◆ WHAT YOU SHOULD DO
From the listing below, set down exactly each line beginning with the one containing "joined (inr e)" and ending with the last.

_____

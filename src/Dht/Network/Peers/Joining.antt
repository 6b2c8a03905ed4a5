-- ===== src/Dht/Network/Peers/Joining.antt =====
-- pkg/dht/network.go, joinNetwork: a node that joins does not become its own peer.
use task_discovery_service.Prelude.{
  ℕ, ◌≡◌, ◌⊎◌, refl, sym, ap, ◌∙◌, subst, Bool, true, false, Option, none, some, List, [], ◌∷◌,
  Text, ◌==◌, text_eq, text_beq_iff, nat_eq, nat_beq, nat_beq_iff, if◌then◌else◌, if_both, is_some,
  All, Bool-cases, inl, inr,
}
use task_discovery_service.Prelude.Result.{Result, ok, err}
use task_discovery_service.Assoc.{lookup}
use task_discovery_service.Text.{codes}
use task_discovery_service.Dht.{NodeId, Dht}
use task_discovery_service.Dht.Address.{hash_address}
use task_discovery_service.Dht.Ring.{add_peer}
use task_discovery_service.Dht.Ring.Order.{IsBuilt, add_peer-IsBuilt}
use task_discovery_service.Dht.Network.{Message}
use task_discovery_service.Dht.Network.Peers.{add_listed, with_bootstrap, on_join, join_network}
use task_discovery_service.Dht.Network.Peers.Own.{
  occurrences, occurrences-ring, is_some-add_peer, add_peer-self,
}

clash : {b : Bool} → b ≡ true → b ≡ false → ⊥
clash h n = cc

module _ (sha256 : Text → NodeId) where
  -- The node keeps its name, stands in a well-formed ring, and is not its own peer.
  record IsAlone (d0 d : Dht) : Type 0 where
    self_same : d.self ≡ d0.self
    built : IsBuilt d
    no_own : is_some (lookup d0.self.id d.peers) ≡ false

  module _ (d0 : Dht) where
    -- An address that hashes to the node's identifier is its own, letter by letter.
    abbrev pub IsPlain : Text → Type 0
    IsPlain addr = hash_address sha256 addr ≡ d0.self.id → addr ≡ d0.self.address

    other_id :
        (addr : Text) (d : Dht)
        → IsPlain addr
        → (addr == d.self.address) ≡ false
        → IsAlone d0 d
        → nat_beq (hash_address sha256 addr) d0.self.id ≡ false
    other_id addr d unique n i = elim (Bool-cases (nat_beq (hash_address sha256 addr) d0.self.id)) [
      | inl e ↦
          let own : addr ≡ d.self.address =
            unique ((nat_beq_iff _ _).0 e) ∙ sym (ap (λ s. s.address) i.self_same) in
          let same : (addr == d.self.address) ≡ true = (text_beq_iff addr d.self.address).1 own in
          absurd (clash same n)
      | inr e ↦ e
    ]

    add_other :
        (addr : Text) (now : ℕ) (d : Dht)
        → IsPlain addr
        → (addr == d.self.address) ≡ false
        → IsAlone d0 d
        → IsAlone d0 (add_peer sha256 addr now d)
    add_other addr now d u n i = record {
      self_same = add_peer-self sha256 addr now d ∙ i.self_same;
      built = add_peer-IsBuilt sha256 addr now d i.built;
      no_own =
          is_some-add_peer sha256 addr now d d0.self.id ∙ rw (other_id addr d u n i, i.no_own) refl;
    }

    unless_self :
        (addr : Text) (now : ℕ) (d : Dht)
        → IsPlain addr
        → IsAlone d0 d
        → IsAlone d0 (if addr == d.self.address then d else add_peer sha256 addr now d)
    unless_self addr now d u i = elim (Bool-cases (addr == d.self.address)) [
      | inl e ↦ rw e i
      | inr e ↦ rw e (add_other addr now d u e i)
    ]

    add_listed-IsAlone :
        (peers : List Text) (now : ℕ) (d : Dht)
        → All IsPlain peers
        → IsAlone d0 d
        → IsAlone d0 (add_listed sha256 peers now d)
    unfolding add_listed
    add_listed-IsAlone [] now d u i = i
    add_listed-IsAlone (peer ∷ peers) now d u i =
        add_listed-IsAlone peers now _ u.1 (unless_self peer now d u.0 i)

    -- An answer lists plain addresses, if it lists any.
    abbrev pub IsPlainList : Option (List Text) → Type 0
    IsPlainList none = Unit
    IsPlainList (some peers) = All IsPlain peers

    abbrev pub IsPlainAnswer :
        {Raw : Type 0} → (Raw → Option (List Text)) → Result Text (Message Raw) → Type 0
    IsPlainAnswer unmarshal_peers (err e) = Unit
    IsPlainAnswer unmarshal_peers (ok resp) = IsPlainList (unmarshal_peers resp.payload)

    module _ {Raw : Type 0} (unmarshal_peers : Raw → Option (List Text))
        (send : Text → Result Text (Message Raw)) (clock : Text → ℕ) where
      join-IsAlone :
          (bootstrap : Text) (answer : Result Text (Message Raw)) (d : Dht)
          → IsPlain bootstrap
          → IsPlainAnswer unmarshal_peers answer
          → (bootstrap == d.self.address) ≡ false
          → IsAlone d0 d
          → IsAlone d0 (on_join sha256 unmarshal_peers send clock bootstrap answer d)
      join-IsAlone bootstrap (err e) d u l n i = i
      join-IsAlone bootstrap (ok resp) d u l n i =
          if_both (IsAlone d0) (resp.kind == codes "PEERLIST") _ _
            (listed (unmarshal_peers resp.payload) l)
            (add_other bootstrap (clock bootstrap) d u n i)
        where
          listed :
              (found : Option (List Text))
              → IsPlainList found
              → IsAlone d0 (with_bootstrap sha256 unmarshal_peers send clock bootstrap found d)
          listed none f = i
          listed (some peers) f =
              let j = add_listed-IsAlone peers (clock bootstrap) d f i in
              add_other bootstrap (clock bootstrap) _ u
                (ap (λ s. bootstrap == s.address) (j.self_same ∙ sym i.self_same) ∙ n) j

      join_network-IsAlone :
          (bootstraps : List Text) (d : Dht)
          → All (λ b. IsPlain b × IsPlainAnswer unmarshal_peers (send b)) bootstraps
          → IsAlone d0 d
          → IsAlone d0 (join_network sha256 unmarshal_peers send clock bootstraps d)
      unfolding join_network
      join_network-IsAlone [] d u i = i
      join_network-IsAlone (bootstrap ∷ bootstraps) d u i =
          join_network-IsAlone bootstraps _ u.1 (joined (Bool-cases (bootstrap == d.self.address)))
        where
          joined :
              (((bootstrap == d.self.address) ≡ true) ⊎ ((bootstrap == d.self.address) ≡ false))
              → IsAlone d0 (
                  if bootstrap == d.self.address
                  then d
                  else on_join sha256 unmarshal_peers send clock bootstrap (send bootstrap) d)
          joined (inl e) = rw e i
          joined (inr e) = rw e (join-IsAlone bootstrap (send bootstrap) d u.0.0 u.0.1 e i)

  -- If none of the bootstrap nodes' addresses and of those in the lists that they answer is another
  -- spelling of the node's own, and the node is not its own peer and its ring is built from its peers, then after
  -- joining, whatever else the bootstrap nodes answer, the node stands in its ring exactly once.
  pub join_network-once :
      {Raw : Type 0} (unmarshal_peers : Raw → Option (List Text))
      (send : Text → Result Text (Message Raw)) (clock : Text → ℕ) (bootstraps : List Text)
      (d : Dht)
      → All (λ b. IsPlain d b × IsPlainAnswer d unmarshal_peers (send b)) bootstraps
      → IsBuilt d
      → is_some (lookup d.self.id d.peers) ≡ false
      → occurrences d.self.id (join_network sha256 unmarshal_peers send clock bootstraps d).ring ≡ 1
  join_network-once unmarshal_peers send clock bootstraps d plain b alone =
      let d' = join_network sha256 unmarshal_peers send clock bootstraps d in
      let start : IsAlone d d = record { self_same = refl; built = b; no_own = alone } in
      let i = join_network-IsAlone d unmarshal_peers send clock bootstraps d plain start in
      let counted = occurrences-ring d' i.built in
      subst (λ id. occurrences id d'.ring ≡ (if is_some (lookup id d'.peers) then 2 else 1))
        (ap (λ s. s.id) i.self_same) counted
      ∙ rw i.no_own refl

_____

◆ WRITTEN RESPONSE
          joined (inr e) = rw e (join-IsAlone bootstrap (send bootstrap) d u.0.0 u.0.1 e i)

  -- If none of the bootstrap nodes' addresses and of those in the lists that they answer is another
  -- spelling of the node's own, and the node is not its own peer and its ring is built from its peers, then after
  -- joining, whatever else the bootstrap nodes answer, the node stands in its ring exactly once.
  pub join_network-once :
      {Raw : Type 0} (unmarshal_peers : Raw → Option (List Text))
      (send : Text → Result Text (Message Raw)) (clock : Text → ℕ) (bootstraps : List Text)
      (d : Dht)
      → All (λ b. IsPlain d b × IsPlainAnswer d unmarshal_peers (send b)) bootstraps
      → IsBuilt d
      → is_some (lookup d.self.id d.peers) ≡ false
      → occurrences d.self.id (join_network sha256 unmarshal_peers send clock bootstraps d).ring ≡ 1
  join_network-once unmarshal_peers send clock bootstraps d plain b alone =
      let d' = join_network sha256 unmarshal_peers send clock bootstraps d in
      let start : IsAlone d d = record { self_same = refl; built = b; no_own = alone } in
      let i = join_network-IsAlone d unmarshal_peers send clock bootstraps d plain start in
      let counted = occurrences-ring d' i.built in
      subst (λ id. occurrences id d'.ring ≡ (if is_some (lookup id d'.peers) then 2 else 1))
        (ap (λ s. s.id) i.self_same) counted
      ∙ rw i.no_own refl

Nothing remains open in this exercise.